Exercise instructions
In full and without change, retype the records.

[Start of Attachment]

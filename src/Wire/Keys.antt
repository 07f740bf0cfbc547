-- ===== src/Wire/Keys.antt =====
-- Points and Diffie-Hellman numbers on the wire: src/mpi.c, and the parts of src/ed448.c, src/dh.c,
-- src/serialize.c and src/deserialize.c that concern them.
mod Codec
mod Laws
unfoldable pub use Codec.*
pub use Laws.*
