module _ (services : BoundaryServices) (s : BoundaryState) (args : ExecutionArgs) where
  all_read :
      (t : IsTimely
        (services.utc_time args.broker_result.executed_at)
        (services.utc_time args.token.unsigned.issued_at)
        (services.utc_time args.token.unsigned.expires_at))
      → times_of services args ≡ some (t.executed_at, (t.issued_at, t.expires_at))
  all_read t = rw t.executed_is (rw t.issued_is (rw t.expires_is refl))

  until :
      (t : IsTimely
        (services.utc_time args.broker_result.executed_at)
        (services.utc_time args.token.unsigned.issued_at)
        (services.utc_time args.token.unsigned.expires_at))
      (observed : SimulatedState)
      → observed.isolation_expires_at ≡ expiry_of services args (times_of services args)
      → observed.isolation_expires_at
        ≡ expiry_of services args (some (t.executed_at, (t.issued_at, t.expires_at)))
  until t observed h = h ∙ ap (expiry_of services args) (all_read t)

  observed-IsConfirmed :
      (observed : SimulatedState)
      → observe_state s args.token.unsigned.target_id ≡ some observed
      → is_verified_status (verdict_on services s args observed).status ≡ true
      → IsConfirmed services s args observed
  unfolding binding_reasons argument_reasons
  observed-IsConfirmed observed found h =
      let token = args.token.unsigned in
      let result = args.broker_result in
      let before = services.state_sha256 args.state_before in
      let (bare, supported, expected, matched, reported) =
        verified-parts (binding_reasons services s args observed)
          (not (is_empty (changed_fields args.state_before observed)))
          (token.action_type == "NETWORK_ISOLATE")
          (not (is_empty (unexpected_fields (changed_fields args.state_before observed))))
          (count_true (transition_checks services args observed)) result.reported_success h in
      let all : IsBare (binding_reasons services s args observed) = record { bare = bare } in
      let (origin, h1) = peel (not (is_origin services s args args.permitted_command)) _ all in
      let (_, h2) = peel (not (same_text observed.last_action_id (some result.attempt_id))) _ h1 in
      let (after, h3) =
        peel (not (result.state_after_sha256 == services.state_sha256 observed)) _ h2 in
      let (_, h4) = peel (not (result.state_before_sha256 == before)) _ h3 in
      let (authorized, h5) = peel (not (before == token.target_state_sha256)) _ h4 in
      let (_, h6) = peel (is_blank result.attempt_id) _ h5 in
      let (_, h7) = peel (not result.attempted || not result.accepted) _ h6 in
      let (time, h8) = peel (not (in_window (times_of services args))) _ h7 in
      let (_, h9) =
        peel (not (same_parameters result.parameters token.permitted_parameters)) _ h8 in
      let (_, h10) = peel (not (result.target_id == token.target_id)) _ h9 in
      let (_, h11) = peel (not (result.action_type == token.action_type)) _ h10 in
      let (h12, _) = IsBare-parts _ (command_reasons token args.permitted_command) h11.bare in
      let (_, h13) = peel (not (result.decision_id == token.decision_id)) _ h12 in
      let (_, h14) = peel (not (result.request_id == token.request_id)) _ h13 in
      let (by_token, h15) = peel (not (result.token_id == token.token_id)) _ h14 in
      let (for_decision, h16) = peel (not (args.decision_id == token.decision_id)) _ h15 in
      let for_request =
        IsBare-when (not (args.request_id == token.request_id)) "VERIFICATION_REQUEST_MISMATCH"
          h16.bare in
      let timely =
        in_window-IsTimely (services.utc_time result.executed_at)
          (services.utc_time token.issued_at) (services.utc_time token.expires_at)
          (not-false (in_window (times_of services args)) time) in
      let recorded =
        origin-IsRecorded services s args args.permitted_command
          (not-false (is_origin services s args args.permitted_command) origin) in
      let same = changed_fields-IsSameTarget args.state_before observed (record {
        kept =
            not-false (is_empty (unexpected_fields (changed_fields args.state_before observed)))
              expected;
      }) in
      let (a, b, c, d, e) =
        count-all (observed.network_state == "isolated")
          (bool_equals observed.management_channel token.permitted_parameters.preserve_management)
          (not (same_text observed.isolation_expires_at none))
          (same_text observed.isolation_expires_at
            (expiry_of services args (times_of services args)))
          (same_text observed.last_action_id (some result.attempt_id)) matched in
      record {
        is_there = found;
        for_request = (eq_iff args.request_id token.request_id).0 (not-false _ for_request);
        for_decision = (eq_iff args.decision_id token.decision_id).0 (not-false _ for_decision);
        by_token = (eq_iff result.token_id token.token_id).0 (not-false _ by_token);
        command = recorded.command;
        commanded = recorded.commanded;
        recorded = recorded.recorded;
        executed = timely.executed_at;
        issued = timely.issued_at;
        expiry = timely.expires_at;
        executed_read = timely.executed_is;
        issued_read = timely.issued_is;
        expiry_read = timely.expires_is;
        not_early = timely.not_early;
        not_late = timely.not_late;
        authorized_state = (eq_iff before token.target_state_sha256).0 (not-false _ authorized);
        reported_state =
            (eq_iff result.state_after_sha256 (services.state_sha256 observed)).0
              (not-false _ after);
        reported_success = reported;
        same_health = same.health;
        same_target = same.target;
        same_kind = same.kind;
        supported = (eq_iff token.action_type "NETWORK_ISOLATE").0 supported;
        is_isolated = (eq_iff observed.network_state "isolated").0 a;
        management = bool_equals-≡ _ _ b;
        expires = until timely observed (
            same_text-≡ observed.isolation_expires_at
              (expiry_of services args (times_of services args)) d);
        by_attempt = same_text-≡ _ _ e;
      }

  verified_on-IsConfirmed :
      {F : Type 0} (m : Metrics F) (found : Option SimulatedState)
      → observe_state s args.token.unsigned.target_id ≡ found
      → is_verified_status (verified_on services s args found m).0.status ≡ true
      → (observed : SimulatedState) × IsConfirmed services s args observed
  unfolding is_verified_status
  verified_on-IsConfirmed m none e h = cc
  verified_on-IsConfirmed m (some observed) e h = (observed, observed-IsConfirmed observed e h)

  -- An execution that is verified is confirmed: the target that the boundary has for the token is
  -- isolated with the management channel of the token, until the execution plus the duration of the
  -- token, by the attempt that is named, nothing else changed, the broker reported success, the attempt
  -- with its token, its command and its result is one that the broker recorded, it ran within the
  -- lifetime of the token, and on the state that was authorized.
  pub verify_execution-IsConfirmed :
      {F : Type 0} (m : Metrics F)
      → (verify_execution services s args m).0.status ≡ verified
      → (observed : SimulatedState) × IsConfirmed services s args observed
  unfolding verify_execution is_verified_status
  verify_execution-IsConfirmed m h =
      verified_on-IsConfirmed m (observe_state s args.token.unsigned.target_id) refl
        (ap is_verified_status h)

[End of Attachment]

Exercise answer
filename src/Wire/Keys.antt
repository 07f740bf0cfbc547
-- ===== src/Wire/Keys.antt =====
-- Points and Diffie-Hellman numbers on the wire: src/mpi.c, and the parts of src/ed448.c, src/dh.c,
-- src/serialize.c and src/deserialize.c that concern them.
mod Codec
mod Laws
unfoldable pub use Codec.*
pub use Laws.*
module _ (services : BoundaryServices) (s : BoundaryState) (args : ExecutionArgs) where
  all_read :
      (t : IsTimely
        (services.utc_time args.broker_result.executed_at)
        (services.utc_time args.token.unsigned.issued_at)
        (services.utc_time args.token.unsigned.expires_at))
      → times_of services args ≡ some (t.executed_at, (t.issued_at, t.expires_at))
  all_read t = rw t.executed_is (rw t.issued_is (rw t.expires_is refl))

  until :
      (t : IsTimely
        (services.utc_time args.broker_result.executed_at)
        (services.utc_time args.token.unsigned.issued_at)
        (services.utc_time args.token.unsigned.expires_at))
      (observed : SimulatedState)
      → observed.isolation_expires_at ≡ expiry_of services args (times_of services args)
      → observed.isolation_expires_at
        ≡ expiry_of services args (some (t.executed_at, (t.issued_at, t.expires_at)))
  until t observed h = h ∙ ap (expiry_of services args) (all_read t)

  observed-IsConfirmed :
      (observed : SimulatedState)
      → observe_state s args.token.unsigned.target_id ≡ some observed
      → is_verified_status (verdict_on services s args observed).status ≡ true
      → IsConfirmed services s args observed
  unfolding binding_reasons argument_reasons
  observed-IsConfirmed observed found h =
      let token = args.token.unsigned in
      let result = args.broker_result in
      let before = services.state_sha256 args.state_before in
      let (bare, supported, expected, matched, reported) =
        verified-parts (binding_reasons services s args observed)
          (not (is_empty (changed_fields args.state_before observed)))
          (token.action_type == "NETWORK_ISOLATE")
          (not (is_empty (unexpected_fields (changed_fields args.state_before observed))))
          (count_true (transition_checks services args observed)) result.reported_success h in
      let all : IsBare (binding_reasons services s args observed) = record { bare = bare } in
      let (origin, h1) = peel (not (is_origin services s args args.permitted_command)) _ all in
      let (_, h2) = peel (not (same_text observed.last_action_id (some result.attempt_id))) _ h1 in
      let (after, h3) =
        peel (not (result.state_after_sha256 == services.state_sha256 observed)) _ h2 in
      let (_, h4) = peel (not (result.state_before_sha256 == before)) _ h3 in
      let (authorized, h5) = peel (not (before == token.target_state_sha256)) _ h4 in
      let (_, h6) = peel (is_blank result.attempt_id) _ h5 in
      let (_, h7) = peel (not result.attempted || not result.accepted) _ h6 in
      let (time, h8) = peel (not (in_window (times_of services args))) _ h7 in
      let (_, h9) =
        peel (not (same_parameters result.parameters token.permitted_parameters)) _ h8 in
      let (_, h10) = peel (not (result.target_id == token.target_id)) _ h9 in
      let (_, h11) = peel (not (result.action_type == token.action_type)) _ h10 in
      let (h12, _) = IsBare-parts _ (command_reasons token args.permitted_command) h11.bare in
      let (_, h13) = peel (not (result.decision_id == token.decision_id)) _ h12 in
      let (_, h14) = peel (not (result.request_id == token.request_id)) _ h13 in
      let (by_token, h15) = peel (not (result.token_id == token.token_id)) _ h14 in
      let (for_decision, h16) = peel (not (args.decision_id == token.decision_id)) _ h15 in
      let for_request =
        IsBare-when (not (args.request_id == token.request_id)) "VERIFICATION_REQUEST_MISMATCH"
          h16.bare in
      let timely =
        in_window-IsTimely (services.utc_time result.executed_at)
          (services.utc_time token.issued_at) (services.utc_time token.expires_at)
          (not-false (in_window (times_of services args)) time) in
      let recorded =
        origin-IsRecorded services s args args.permitted_command
          (not-false (is_origin services s args args.permitted_command) origin) in
      let same = changed_fields-IsSameTarget args.state_before observed (record {
        kept =
            not-false (is_empty (unexpected_fields (changed_fields args.state_before observed)))
              expected;
      }) in
      let (a, b, c, d, e) =
        count-all (observed.network_state == "isolated")
          (bool_equals observed.management_channel token.permitted_parameters.preserve_management)
          (not (same_text observed.isolation_expires_at none))
          (same_text observed.isolation_expires_at
            (expiry_of services args (times_of services args)))
          (same_text observed.last_action_id (some result.attempt_id)) matched in
      record {
        is_there = found;
        for_request = (eq_iff args.request_id token.request_id).0 (not-false _ for_request);
        for_decision = (eq_iff args.decision_id token.decision_id).0 (not-false _ for_decision);
        by_token = (eq_iff result.token_id token.token_id).0 (not-false _ by_token);
        command = recorded.command;
        commanded = recorded.commanded;
        recorded = recorded.recorded;
        executed = timely.executed_at;
        issued = timely.issued_at;
        expiry = timely.expires_at;
        executed_read = timely.executed_is;
        issued_read = timely.issued_is;
        expiry_read = timely.expires_is;
        not_early = timely.not_early;
        not_late = timely.not_late;
        authorized_state = (eq_iff before token.target_state_sha256).0 (not-false _ authorized);
        reported_state =
            (eq_iff result.state_after_sha256 (services.state_sha256 observed)).0
              (not-false _ after);
        reported_success = reported;
        same_health = same.health;
        same_target = same.target;
        same_kind = same.kind;
        supported = (eq_iff token.action_type "NETWORK_ISOLATE").0 supported;
        is_isolated = (eq_iff observed.network_state "isolated").0 a;
        management = bool_equals-≡ _ _ b;
        expires = until timely observed (
            same_text-≡ observed.isolation_expires_at
              (expiry_of services args (times_of services args)) d);
        by_attempt = same_text-≡ _ _ e;
      }

  verified_on-IsConfirmed :
      {F : Type 0} (m : Metrics F) (found : Option SimulatedState)
      → observe_state s args.token.unsigned.target_id ≡ found
      → is_verified_status (verified_on services s args found m).0.status ≡ true
      → (observed : SimulatedState) × IsConfirmed services s args observed
  unfolding is_verified_status
  verified_on-IsConfirmed m none e h = cc
  verified_on-IsConfirmed m (some observed) e h = (observed, observed-IsConfirmed observed e h)

  -- An execution that is verified is confirmed: the target that the boundary has for the token is
  -- isolated with the management channel of the token, until the execution plus the duration of the
  -- token, by the attempt that is named, nothing else changed, the broker reported success, the attempt
  -- with its token, its command and its result is one that the broker recorded, it ran within the
  -- lifetime of the token, and on the state that was authorized.
  pub verify_execution-IsConfirmed :
      {F : Type 0} (m : Metrics F)
      → (verify_execution services s args m).0.status ≡ verified
      → (observed : SimulatedState) × IsConfirmed services s args observed
  unfolding verify_execution is_verified_status
  verify_execution-IsConfirmed m h =
      verified_on-IsConfirmed m (observe_state s args.token.unsigned.target_id) refl
        (ap is_verified_status h)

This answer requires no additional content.